Wang Lei: Huawei overcame this technical challenge two years ago. Back when we just started investment and research in computing, our researchers found that simply binding servers together could not create a linear increase in computing power. For example, they found that doubling the number of GPU servers increased computing power by just 4%. Through analyzing the computing process, we found that the problem was caused by packet loss, an inherent problem with conventional Ethernet. Packet loss of just 0.1% can result in computing power loss of 50%, meaning half the server computing power is wasted. To address this, Huawei began examining the question of how we might create lossless Ethernet networks. We finally solved this problem two years ago, thereby realizing 100% utilization of servers' computing power.
Huawei Tech: The digital economy is said to have entered the computing era. But will supercomputing have any impact on the daily lives of ordinary people?
Wang Lei: For most people, the whole topic of supercomputing seems like something very remote, because this technology is mainly used in relatively high-level applications such as weather forecasting, earthquake monitoring, and human genetic testing. However, supercomputing is much closer to our daily lives than most of us are aware of.
For example, in recent years, it’s played a role in increasing the variety of new, affordable cars. Vehicle crash testing is one of the most time- and investment-intensive processes in automobile manufacturing. Using physical vehicles for testing means each crash results in a scrapped testing vehicle, and the cost can add up to millions of RMB. However, using supercomputers to simulate crash tests can shorten the development cycle of new cars from 36 months to 12 months. Now, with Huawei's hyper-converged data center network, that process can be expedited even further.
Customer 1: We can look at supercomputing and its implications from the public health perspective. In the early days of the pandemic, we didn’t understand COVID-19 so well. Through extensive analysis, it was later found that the cytokine storm was an important factor increasing the morbidity rate. Supercomputing played a major role in the process of deepening our knowledge. Scientists and doctors working together found that the overreaction of the human immune system to the invading virus affected certain normal bodily functions and led to the failure of those functions. With the support of supercomputing, a way to cut off the cytokine storm signal pathways was discovered. This knowledge was put to good use in Wuhan, where it saved lives.

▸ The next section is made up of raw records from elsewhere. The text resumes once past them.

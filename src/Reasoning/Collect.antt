-- ===== src/Reasoning/Collect.antt =====
-- What the collector holds of each item.
use ciallo_ms_365_open_ai_pr.Prelude.{
  ◌≡◌, refl, sym, ◌∙◌, ap, inl, inr, List, [], ◌∷◌, ◌++◌, append_assoc, append-nil, arith,
  if◌then◌else◌, ◌==◌, Bool-cases,
}
use ciallo_ms_365_open_ai_pr.Prelude.Text.{Text, text_key}
use ciallo_ms_365_open_ai_pr.Dict.{Dict, put, get-put}
use ciallo_ms_365_open_ai_pr.Reasoning.{ReasoningDelta, Collector, collected, add}

unfoldable pub add_all : List ReasoningDelta → Collector → Collector
add_all [] c = c
add_all (delta ∷ deltas) c = add_all deltas (add delta c).1

-- The texts of one item's deltas, one after the other.
unfoldable pub texts : Text → List ReasoningDelta → Text
texts id [] = []
texts id (delta ∷ deltas) =
    let rest = texts id deltas in if delta.item_id == id then delta.text ++ rest else rest

collected-put :
    (id j text : Text) (items : Dict Text Text)
    → collected id (put j text items) ≡ (if j == id then text else collected id items)
unfolding collected
collected-put id j text items = ground (arith, get-put j id text items)

-- Of each item the collector holds what it held and then the item's deltas, in order.
pub collected-add_all :
    (id : Text) (deltas : List ReasoningDelta) (c : Collector)
    → collected id (add_all deltas c).items ≡ collected id c.items ++ texts id deltas
unfolding add_all texts add
collected-add_all id [] c = sym (append-nil (collected id c.items))
collected-add_all id (delta ∷ deltas) c = elim (Bool-cases (delta.item_id == id)) [
  | inl same ↦ rw same (
      collected-add_all id deltas (add delta c).1
      ∙ ap (λ (x : Text). x ++ texts id deltas)
          (collected-put id delta.item_id (collected delta.item_id c.items ++ delta.text) c.items
            ∙ rw same refl
            ∙ ap (λ (x : Text). collected x c.items ++ delta.text)
                ((text_key.same_iff delta.item_id id).0 same))
      ∙ append_assoc (collected id c.items) delta.text (texts id deltas))
  | inr other ↦ rw other (
      collected-add_all id deltas (add delta c).1
      ∙ ap (λ (x : Text). x ++ texts id deltas)
          (collected-put id delta.item_id (collected delta.item_id c.items ++ delta.text) c.items
            ∙ rw other refl))
]
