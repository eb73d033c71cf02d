-- ===== src/Reasoning/Protocol.antt =====
-- The block protocol, as a client reads it, and that every stream keeps it.
use ciallo_ms_365_open_ai_pr.Prelude.{
  ℕ, ◌+◌, ◌≡◌, refl, ◌∙◌, ap, inl, inr, Bool, true, false, Option, none, some, List, [], ◌∷◌, ◌++◌,
  eqb, eqb_iff, if◌then◌else◌, Bool-cases,
}
use ciallo_ms_365_open_ai_pr.Prelude.Text.{Text, is_empty}
use ciallo_ms_365_open_ai_pr.Reasoning.{
  ReasoningDelta, Kind, thinking_block, text_block, same_kind, BlockEvent, block_start, tool_start,
  thinking_delta, text_delta, signature_delta, input_delta, block_stop, ContentStream,
  content_stream, closing, close, start, reasoning_event, text_event, tool_event, add,
}

-- What a client has open: a block with its index and kind, and whether it was signed.
pub data Open : Type 0 where
  nothing : Open
  thinking : ℕ → Open
  signed : ℕ → Open
  text : ℕ → Open
  tool : ℕ → Open

-- The client's reading: the open block and the index of the next one; `none` is a violation.
abbrev pub Reader : Type 0
Reader = Open × ℕ

unfoldable pub guarded : Bool → Reader → Option Reader
guarded true r = some r
guarded false r = none

unfoldable pub read : BlockEvent → Reader → Option Reader
read (block_start i thinking_block) (nothing, n) = guarded (eqb i n) (thinking i, n + 1)
read (block_start i text_block) (nothing, n) = guarded (eqb i n) (text i, n + 1)
read (tool_start i id name) (nothing, n) = guarded (eqb i n) (tool i, n + 1)
read (thinking_delta i t) (thinking j, n) = guarded (eqb i j) (thinking j, n)
read (signature_delta i t) (thinking j, n) = guarded (eqb i j) (signed j, n)
read (text_delta i t) (text j, n) = guarded (eqb i j) (text j, n)
read (input_delta i t) (tool j, n) = guarded (eqb i j) (tool j, n)
read (block_stop i) (signed j, n) = guarded (eqb i j) (nothing, n)
read (block_stop i) (text j, n) = guarded (eqb i j) (nothing, n)
read (block_stop i) (tool j, n) = guarded (eqb i j) (nothing, n)
read _ _ = none

unfoldable pub read_all : List BlockEvent → Option Reader → Option Reader
read_all [] r = r
read_all (e ∷ events) none = none
read_all (e ∷ events) (some r) = read_all events (read e r)

read_all-append :
    (xs ys : List BlockEvent) (r : Option Reader)
    → read_all (xs ++ ys) r ≡ read_all ys (read_all xs r)
unfolding read_all
read_all-append [] ys r = refl
read_all-append (x ∷ xs) [] none = refl
read_all-append (x ∷ xs) (y ∷ ys) none = refl
read_all-append (x ∷ xs) ys (some r) = read_all-append xs ys (read x r)

-- What the stream takes to be open.
unfoldable pub view : Option Kind → ℕ → Open
view none i = nothing
view (some thinking_block) i = thinking i
view (some text_block) i = text i

abbrev pub reader : ContentStream → Option Reader
reader s = some (view s.kind s.index, s.next_index)

eqb_refl : (n : ℕ) → eqb n n ≡ true
eqb_refl n = (eqb_iff n n).1 refl

-- A guard on the open block's own index lets the reader on.
guarded_on : (n : ℕ) (r : Reader) → guarded (eqb n n) r ≡ some r
unfolding guarded
guarded_on n r = rw (eqb_refl n) refl

closing-read :
    (i n : ℕ) (k : Option Kind) → read_all (closing i k) (some (view k i, n)) ≡ some (nothing, n)
unfolding closing view read_all read
closing-read i n none = refl
closing-read i n (some thinking_block) =
    ap (λ (r : Option Reader). read_all (block_stop i ∷ []) r) (guarded_on i (signed i, n))
    ∙ guarded_on i (nothing, n)
closing-read i n (some text_block) = guarded_on i (nothing, n)

block_start-read :
    (n : ℕ) (k : Kind)
    → read_all (block_start n k ∷ []) (some (nothing, n)) ≡ some (view (some k) n, n + 1)
unfolding view read_all read guarded
block_start-read n thinking_block = rw (eqb_refl n) refl
block_start-read n text_block = rw (eqb_refl n) refl

tool-read :
    (n : ℕ) (id name input : Text)
    → read_all (tool_start n id name ∷ input_delta n input ∷ block_stop n ∷ []) (some (nothing, n))
      ≡ some (nothing, n + 1)
unfolding read_all read
tool-read n id name input =
    ap (λ (r : Option Reader). read_all (input_delta n input ∷ block_stop n ∷ []) r)
      (guarded_on n (tool n, n + 1))
    ∙ ap (λ (r : Option Reader). read_all (block_stop n ∷ []) r) (guarded_on n (tool n, n + 1))
    ∙ guarded_on n (nothing, n + 1)

-- After `start`, the reader has a block of that kind open, at the stream's index.
start-read :
    (k : Kind) (s : ContentStream) → read_all (start k s).0 (reader s) ≡ reader (start k s).1
unfolding start close
start-read k s = elim (Bool-cases (same_kind k s.kind)) [
  | inl same ↦ rw same (unfold read_all in refl)
  | inr other ↦ rw other (
      read_all-append (closing s.index s.kind) (block_start s.next_index k ∷ []) (reader s)
      ∙ ap (read_all (block_start s.next_index k ∷ [])) (closing-read s.index s.next_index s.kind)
      ∙ block_start-read s.next_index k)
]

same_kind-eq : (k : Kind) (o : Option Kind) → same_kind k o ≡ true → o ≡ some k
unfolding same_kind
same_kind-eq k none h = absurd cc
same_kind-eq thinking_block (some thinking_block) h = refl
same_kind-eq thinking_block (some text_block) h = absurd cc
same_kind-eq text_block (some thinking_block) h = absurd cc
same_kind-eq text_block (some text_block) h = refl

start-kind : (k : Kind) (s : ContentStream) → (start k s).1.kind ≡ some k
unfolding start
start-kind k s = elim (Bool-cases (same_kind k s.kind)) [
  | inl same ↦ rw same (same_kind-eq k s.kind same)
  | inr other ↦ rw other refl
]

thinking-read :
    (i n : ℕ) (t : Text)
    → read_all (thinking_delta i t ∷ []) (some (view (some thinking_block) i, n))
      ≡ some (view (some thinking_block) i, n)
unfolding read_all read guarded view
thinking-read i n t = rw (eqb_refl i) refl

text-read :
    (i n : ℕ) (t : Text)
    → read_all (if is_empty t then [] else text_delta i t ∷ []) (some (view (some text_block) i, n))
      ≡ some (view (some text_block) i, n)
unfolding read_all read guarded view
text-read i n [] = refl
text-read i n (c ∷ t) = rw (eqb_refl i) refl

-- The calls on a stream.
pub data Call : Type 0 where
  reasoning_call : ReasoningDelta → Call
  text_call : Text → Call
  tool_call : Text → Text → Text → Call
  close_call : Call

unfoldable pub step : Call → ContentStream → List BlockEvent × ContentStream
step (reasoning_call delta) s = reasoning_event delta s
step (text_call t) s = text_event t s
step (tool_call id name input) s = tool_event id name input s
step close_call s = close s

unfoldable pub run : List Call → ContentStream → List BlockEvent × ContentStream
run [] s = ([], s)
run (c ∷ calls) s = let now = step c s in let later = run calls now.1 in (now.0 ++ later.0, later.1)

step-read : (c : Call) (s : ContentStream) → read_all (step c s).0 (reader s) ≡ reader (step c s).1
unfolding step reasoning_event text_event tool_event close
step-read (reasoning_call delta) s =
    let t = (start thinking_block s).1 in
    let e = thinking_delta t.index (add delta t.reasoning).0 ∷ [] in
    read_all-append (start thinking_block s).0 e (reader s)
    ∙ ap (λ (r : Option Reader). read_all e r) (start-read thinking_block s)
    ∙ rw (start-kind thinking_block s)
        (thinking-read t.index t.next_index (add delta t.reasoning).0)
step-read (text_call t) s =
    let u = (start text_block s).1 in
    let e = if is_empty t then [] else text_delta u.index t ∷ [] in
    read_all-append (start text_block s).0 e (reader s)
    ∙ ap (λ (r : Option Reader). read_all e r) (start-read text_block s)
    ∙ rw (start-kind text_block s) (text-read u.index u.next_index t)
step-read (tool_call id name input) s =
    let n = s.next_index in
    let e = tool_start n id name ∷ input_delta n input ∷ block_stop n ∷ [] in
    read_all-append (closing s.index s.kind) e (reader s)
    ∙ ap (λ (r : Option Reader). read_all e r) (closing-read s.index n s.kind)
    ∙ tool-read n id name input
    ∙ (unfold view in refl)
step-read close_call s = closing-read s.index s.next_index s.kind ∙ (unfold view in refl)

run-read :
    (calls : List Call) (s : ContentStream)
    → read_all (run calls s).0 (reader s) ≡ reader (run calls s).1
unfolding run
run-read [] s = unfold read_all in refl
run-read (c ∷ calls) s =
    read_all-append (step c s).0 (run calls (step c s).1).0 (reader s)
    ∙ ap (λ (r : Option Reader). read_all (run calls (step c s).1).0 r) (step-read c s)
    ∙ run-read calls (step c s).1

-- Whatever the calls, a stream that is then closed keeps the block protocol: blocks open one at a
-- time with the indices 0, 1, 2 and on, each delta names the open block and fits its kind, each
-- thinking block is signed once before its stop, and in the end no block is open.
pub run-close-read :
    (calls : List Call)
    → read_all
        ((run calls content_stream).0 ++ (close (run calls content_stream).1).0)
        (some (nothing, 0))
      ≡ some (nothing, (run calls content_stream).1.next_index)
unfolding close view
run-close-read calls =
    let s = (run calls content_stream).1 in
    read_all-append (run calls content_stream).0 (closing s.index s.kind) (some (nothing, 0))
    ∙ ap (λ (r : Option Reader). read_all (closing s.index s.kind) r)
        (run-read calls content_stream)
    ∙ closing-read s.index s.next_index s.kind
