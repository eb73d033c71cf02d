-- ===== src/Reasoning/Content.antt =====
-- The answer text that a block stream carries.
use ciallo_ms_365_open_ai_pr.Prelude.{
  ℕ, ◌≡◌, refl, sym, ◌∙◌, ap, inl, inr, Option, none, some, List, [], ◌∷◌, ◌++◌, append_assoc,
  append-nil, if◌then◌else◌, Bool-cases,
}
use ciallo_ms_365_open_ai_pr.Prelude.Text.{Text, is_empty}
use ciallo_ms_365_open_ai_pr.Reasoning.{
  Kind, thinking_block, text_block, same_kind, BlockEvent, block_start, tool_start, thinking_delta,
  text_delta, signature_delta, input_delta, block_stop, ContentStream, closing, close, start,
  reasoning_event, text_event, tool_event,
}
use ciallo_ms_365_open_ai_pr.Reasoning.Protocol.{
  Call, reasoning_call, text_call, tool_call, close_call, step, run,
}

-- The text deltas, one after the other.
unfoldable pub text_of : List BlockEvent → Text
text_of [] = []
text_of (text_delta i t ∷ events) = t ++ text_of events
text_of (block_start i k ∷ events) = text_of events
text_of (tool_start i id name ∷ events) = text_of events
text_of (thinking_delta i t ∷ events) = text_of events
text_of (signature_delta i t ∷ events) = text_of events
text_of (input_delta i t ∷ events) = text_of events
text_of (block_stop i ∷ events) = text_of events

-- The texts of the text calls, one after the other.
unfoldable pub said : List Call → Text
said [] = []
said (text_call t ∷ calls) = t ++ said calls
said (reasoning_call delta ∷ calls) = said calls
said (tool_call id name input ∷ calls) = said calls
said (close_call ∷ calls) = said calls

text_of-append : (xs ys : List BlockEvent) → text_of (xs ++ ys) ≡ text_of xs ++ text_of ys
unfolding text_of
text_of-append [] ys = refl
text_of-append (text_delta i t ∷ xs) ys =
    ap (λ (x : Text). t ++ x) (text_of-append xs ys)
    ∙ sym (append_assoc t (text_of xs) (text_of ys))
text_of-append (block_start i k ∷ xs) ys = text_of-append xs ys
text_of-append (tool_start i id name ∷ xs) ys = text_of-append xs ys
text_of-append (thinking_delta i t ∷ xs) ys = text_of-append xs ys
text_of-append (signature_delta i t ∷ xs) ys = text_of-append xs ys
text_of-append (input_delta i t ∷ xs) ys = text_of-append xs ys
text_of-append (block_stop i ∷ xs) ys = text_of-append xs ys

closing-text : (i : ℕ) (k : Option Kind) → text_of (closing i k) ≡ []
unfolding closing text_of
closing-text i none = refl
closing-text i (some thinking_block) = refl
closing-text i (some text_block) = refl

start-text : (k : Kind) (s : ContentStream) → text_of (start k s).0 ≡ []
unfolding start close
start-text k s = elim (Bool-cases (same_kind k s.kind)) [
  | inl same ↦ rw same (unfold text_of in refl)
  | inr other ↦ rw other (
      text_of-append (closing s.index s.kind) (block_start s.next_index k ∷ [])
      ∙ rw (closing-text s.index s.kind) (unfold text_of in refl))
]

text_delta-text : (i : ℕ) (t : Text) → text_of (if is_empty t then [] else text_delta i t ∷ []) ≡ t
unfolding text_of
text_delta-text i [] = refl
text_delta-text i (c ∷ t) = append-nil (c ∷ t)

step-said : (c : Call) (s : ContentStream) → text_of (step c s).0 ≡ said (c ∷ [])
unfolding step reasoning_event text_event tool_event close said
step-said (reasoning_call delta) s =
    text_of-append (start thinking_block s).0 _
    ∙ rw (start-text thinking_block s) (unfold text_of in refl)
step-said (text_call t) s =
    text_of-append (start text_block s).0 _
    ∙ rw (start-text text_block s) (text_delta-text (start text_block s).1.index t)
    ∙ sym (append-nil t)
step-said (tool_call id name input) s =
    text_of-append (closing s.index s.kind) _
    ∙ rw (closing-text s.index s.kind) (unfold text_of in refl)
step-said close_call s = closing-text s.index s.kind

said-cons : (c : Call) (calls : List Call) → said (c ∷ calls) ≡ said (c ∷ []) ++ said calls
unfolding said
said-cons (reasoning_call delta) calls = refl
said-cons (text_call t) calls = ap (λ (x : Text). x ++ said calls) (sym (append-nil t))
said-cons (tool_call id name input) calls = refl
said-cons close_call calls = refl

-- The text deltas of a stream carry exactly the texts of its text calls, in order.
pub text_of-run : (calls : List Call) (s : ContentStream) → text_of (run calls s).0 ≡ said calls
unfolding run
text_of-run [] s = unfold text_of said in refl
text_of-run (c ∷ calls) s =
    text_of-append (step c s).0 (run calls (step c s).1).0
    ∙ ap (λ (x : Text). x ++ text_of (run calls (step c s).1).0) (step-said c s)
    ∙ ap (λ (x : Text). said (c ∷ []) ++ x) (text_of-run calls (step c s).1)
    ∙ sym (said-cons c calls)
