-- ===== src/Session.antt =====
-- session_store.py: `PersistentSession` and `CopilotTurn`. `Context` is the private continuation
-- context, a JSON object that this class only copies. The two asyncio locks hold no data. Each
-- call of `_on_change` is counted in `changes`. `uuid.uuid4()` and `time.time()` are arguments.
pub mod Ring
pub mod Valid
pub mod Linear
pub mod Spent
pub mod Outputs
use ciallo_ms_365_open_ai_pr.Prelude.{
  ℕ, zero, suc, ◌+◌, ◌-◌, Bool, true, false, not, ◌&&◌, ◌||◌, Option, none, some, List, [], ◌∷◌,
  ◌++◌, ltb, eqb, if◌then◌else◌, ◌==◌, length, drop, contains, is_some,
}
use ciallo_ms_365_open_ai_pr.Prelude.Text.{Text, text_key}
use ciallo_ms_365_open_ai_pr.Dict.{Dict, keys, get, put, pop}

abbrev pub max_responses : ℕ
max_responses = 64

pub record CopilotTurn : Type 0 where
  pub conversation_id : Text
  pub client_session_id : Text
  pub is_start_of_session : Bool

pub record Session (Context : Type 0) : Type 0 where
  pub conversation_id : Text
  pub client_session_id : Text
  pub turn_count : ℕ
  pub last_accessed : ℕ
  pub issued_calls : Dict Text (List Text)
  pub issued_read_only : Dict Text Bool
  pub issued_contexts : Dict Text Context
  pub consumed : List Text
  pub latest : Option Text
  pub pending : Dict Text Text
  pub studio_context_id : Text
  pub changes : ℕ

-- `list(dict.fromkeys(ids))`: each id once, at its first place.
unfoldable pub unique_from : List Text → List Text → List Text
unique_from seen [] = seen
unique_from seen (x ∷ xs) = unique_from (if contains x seen then seen else seen ++ x ∷ []) xs

-- `set(a) == set(b)`
unfoldable pub all_in : List Text → List Text → Bool
all_in [] ys = true
all_in (x ∷ xs) ys = contains x ys && all_in xs ys

unfoldable pub same_set : List Text → List Text → Bool
same_set xs ys = all_in xs ys && all_in ys xs

-- `while len(self.consumed_response_ids) > 64: pop(0)` after the append
unfoldable pub consume : Text → List Text → List Text
consume id consumed = drop (length (consumed ++ id ∷ []) - max_responses) (consumed ++ id ∷ [])

unfoldable pub is_latest : Text → Option Text → Bool
is_latest id none = false
is_latest id (some l) = id == l

module _ {Context : Type 0} where
  -- `PersistentSession()`
  unfoldable pub session : ℕ → Text → Text → Session Context
  session now conversation client = record {
    conversation_id = conversation;
    client_session_id = client;
    turn_count = 0;
    last_accessed = now;
    issued_calls = [];
    issued_read_only = [];
    issued_contexts = [];
    consumed = [];
    latest = none;
    pending = [];
    studio_context_id = [];
    changes = 0;
  }

  unfoldable pub reserve_turn : ℕ → Session Context → CopilotTurn × Session Context
  reserve_turn now s = (
    record {
      conversation_id = s.conversation_id;
      client_session_id = s.client_session_id;
      is_start_of_session = eqb s.turn_count 0;
    },
    record s { turn_count = s.turn_count + 1; last_accessed = now; changes = s.changes + 1 },
  )

  unfoldable pub record_studio_context : Text → Session Context → Session Context
  record_studio_context context_id s = record s {
    studio_context_id = context_id;
    changes = s.changes + 1;
  }

  unfoldable pub reset_conversation : ℕ → Text → Text → Session Context → Session Context
  reset_conversation now conversation client s = record s {
    conversation_id = conversation;
    client_session_id = client;
    turn_count = 0;
    studio_context_id = [];
    last_accessed = now;
    changes = s.changes + 1;
  }

  -- The body of `while len(self.issued_response_calls) > 64`.
  unfoldable pub expire_first : Dict Text (List Text) → Session Context → Session Context
  expire_first [] s = s
  expire_first ((expired, calls) ∷ rest) s = record s {
    issued_calls = pop expired s.issued_calls;
    issued_read_only = pop expired s.issued_read_only;
    issued_contexts = pop expired s.issued_contexts;
  }

  -- The loop, for as many rounds as there are responses too many.
  unfoldable pub expire : ℕ → Session Context → Session Context
  expire zero s = s
  expire (suc n) s = expire n (expire_first s.issued_calls s)

  unfoldable pub expire_overflow : Session Context → Session Context
  expire_overflow s = expire (length s.issued_calls - max_responses) s

  unfoldable pub put_context : Text → Option Context → Dict Text Context → Dict Text Context
  put_context id none contexts = pop id contexts
  put_context id (some c) contexts = put id c contexts

  -- What `record_response` and `complete_response_continuation` share: the new response.
  unfoldable pub issue :
      Text → List Text → Bool → Option Context → Session Context → Session Context
  issue id call_ids read_only context s = expire_overflow (record s {
    issued_calls = put id (unique_from [] call_ids) s.issued_calls;
    issued_read_only = put id read_only s.issued_read_only;
    issued_contexts = put_context id context s.issued_contexts;
    latest = some id;
  })

  unfoldable pub touched : ℕ → Session Context → Session Context
  touched now s = record s { last_accessed = now; changes = s.changes + 1 }

  unfoldable pub record_response :
      ℕ → Text → List Text → Bool → Option Context → Session Context → Session Context
  record_response now id call_ids read_only context s =
      touched now (issue id call_ids read_only context s)

  unfoldable pub allows_response_outputs : Text → List Text → Session Context → Bool
  allows_response_outputs id call_ids s = elim (get id s.issued_calls) [
    | none ↦ false
    | some issued ↦ is_latest id s.latest && same_set call_ids issued
  ]

  unfoldable pub response_is_read_only : Text → Session Context → Bool
  response_is_read_only id s = elim (get id s.issued_read_only) [ none ↦ false | some r ↦ r ]

  -- The four early returns of `begin_response_continuation`.
  unfoldable pub may_continue : Text → Session Context → Bool
  may_continue id s =
      is_some (get id s.issued_calls)
      && is_latest id s.latest
      && not (contains id s.consumed)
      && not (is_some (get id s.pending))

  -- `token` is `uuid.uuid4().hex`.
  unfoldable pub begin_continuation : Text → Text → Session Context → Option Text × Session Context
  begin_continuation token id s =
      if may_continue id s
      then (some token, record s { pending = put id token s.pending })
      else (none, s)

  -- `self.pending_response_ids.get(id) == reservation`
  unfoldable pub holds : Text → Text → Session Context → Bool
  holds id reservation s = elim (get id s.pending) [
    | none ↦ false
    | some token ↦ token == reservation
  ]

  unfoldable pub finish_continuation : ℕ → Text → Text → Bool → Session Context → Session Context
  finish_continuation now id reservation success s =
      if not (holds id reservation s)
      then s
      else if not success
      then record s { pending = pop id s.pending }
      else touched now (record s { pending = pop id s.pending; consumed = consume id s.consumed })

  unfoldable pub complete_continuation :
      ℕ
      → Text
      → Text
      → Text
      → List Text
      → Bool
      → Option Context
      → Session Context
      → Bool × Session Context
  complete_continuation now parent reservation child call_ids read_only context s =
      if not (holds parent reservation s) then (false, s) else (
        true,
        touched now (
            issue child call_ids read_only context (record s {
              pending = pop parent s.pending;
              consumed = consume parent s.consumed;
              issued_contexts = pop parent s.issued_contexts;
            })),
      )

Customer 2: If we compare AI computing power to electric power, the AI computing center is like a large-scale power station. AI applications, like electricity, will be widely used in numerous industries and households. The use of AI will make urban management more precise – self-driving vehicles and license plate recognition are examples of AI in our daily lives and urban management.
A more powerful future
Albert Einstein once said, "We cannot solve our problems with the same level of thinking that created them." The history of humanity has been a long process of creating and solving problems. Our understanding of supercomputers and AI will become clearer as technology advances, and technological innovation in supercomputing will play a key role in this process. We believe that Huawei will provide high-quality computing infrastructure for scientific research in all kinds of industries and key fields, powering economic growth and social development, and enabling everyone to step into the computing era.